Catch 22

Pick a three-digit number in which all the digits are different. Example: 314.

Now list every possible combination of two digits from the chosen number. In our example, these are 13, 14, 31, 34, 41, and 43.

Divide the sum of these two-digit numbers by the sum of the three digits in the original number, and you’ll always get 22. In our example, (13 + 14 + 31 + 34 + 41 + 43) / (3 + 1 + 4) = 176/8 = 22.

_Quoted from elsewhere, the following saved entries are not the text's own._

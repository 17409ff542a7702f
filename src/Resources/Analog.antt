-- ===== src/Resources/Analog.antt =====
-- resources/analog.py.
use teensy_io.Base.{ℕ, ◌<◌, Option, some, List, [], ◌∷◌, ◌++◌, take, slice, true}
use teensy_io.Base.{◌≡◌, arith}
use teensy_io.Base.Int.{ℤ, pos}
use teensy_io.Protocol.Commands.{CommandId}
use teensy_io.Protocol.Errors.{Error, ok}
use teensy_io.Protocol.Exec.{Exec, pure, gets, lift, modify, raise_if, ◌>>=◌, ◌>>◌}
use teensy_io.Protocol.Packet.{to_bytes2}
use teensy_io.Protocol.Decoder.{from_bytes}
use teensy_io.Resources.{Io, Held, Ratio, on_io, bytes_of, outside, required}

pub record AnalogInput : Type 0 where
  pub physical_pin : Option ℤ
  pub samples : ℤ

module _ {S : Type 0} (io : Io S) where
  unfoldable pub configure : ℤ → ℤ → Exec (Held AnalogInput S) (Unit {0})
  configure physical_pin samples = do
    modify (λ h. record h { self = record { physical_pin = some physical_pin; samples = samples } })
    raise_if (outside 1 255 samples) Error.value_error
    payload ← lift (bytes_of (physical_pin ∷ samples ∷ []))
    on_io (io.command CommandId.config_analog payload true)
    pure tt

  -- `_read`: the raw value, and the normalized one in ten-thousandths.
  unfoldable pub read_pair : Exec (Held AnalogInput S) (ℕ × ℕ)
  read_pair = do
    checked ← gets (λ h. required h.self.physical_pin)
    pin ← lift checked
    sent ← lift (bytes_of (pin ∷ []))
    payload ← on_io (io.command CommandId.analog_read sent true)
    pure (from_bytes (take 2 payload), from_bytes (slice 2 4 payload))

  unfoldable pub read_raw : Exec (Held AnalogInput S) ℕ
  unfolding read_pair
  read_raw = do pair ← read_pair; pure pair.0

  unfoldable pub read_normalized : Exec (Held AnalogInput S) Ratio
  unfolding read_pair
  read_normalized = do
    pair ← read_pair
    pure (record { numerator = pos pair.1; denominator = 10000 })

  -- A response that holds two numbers of 16 bits, the lower byte first, is read as those two numbers,
  -- whatever follows them.
  pub read_pair-numbers :
      (pin raw normalized : ℕ) (extra : List ℕ) (s s' : S) (samples : ℤ)
      → pin < 256
      → io.command CommandId.analog_read (pin ∷ []) true s
        ≡ (ok (to_bytes2 raw ++ (to_bytes2 normalized ++ extra)), s')
      → (read_pair
          (record { self = record { physical_pin = some (pos pin); samples = samples }; io = s })).0
        ≡ ok (raw, normalized)
  unfolding read_pair bytes_of
  read_pair-numbers pin raw normalized extra s s' samples h e = ground arith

This works because 10a + b, 10a + c, 10b + a, 10b + c, 10c + a, and 10c + b sum to 22a + 22b + 22c = 22(a + b + c), so dividing by a + b + c will always give 22.

(Thanks, Chris.)

06/08/2024 Reader Tom Race points out that essentially the same trick can be performed using the entire number: If you add all six permutations of the original 3 digits, then divide that total by the sum of the 3 digits, the answer is always 222.

For example, using 561:

561 + 516 + 156 + 165 + 651 + 615 = 2664

5 + 6 + 1 = 12

2664 / 12 = 222

“This works because in the first sum each of the three digits (a, b and c) occurs twice in each of the three columns, so the sum is 222a + 222b + 222c = 222(a + b + c).” (Thanks, Tom.)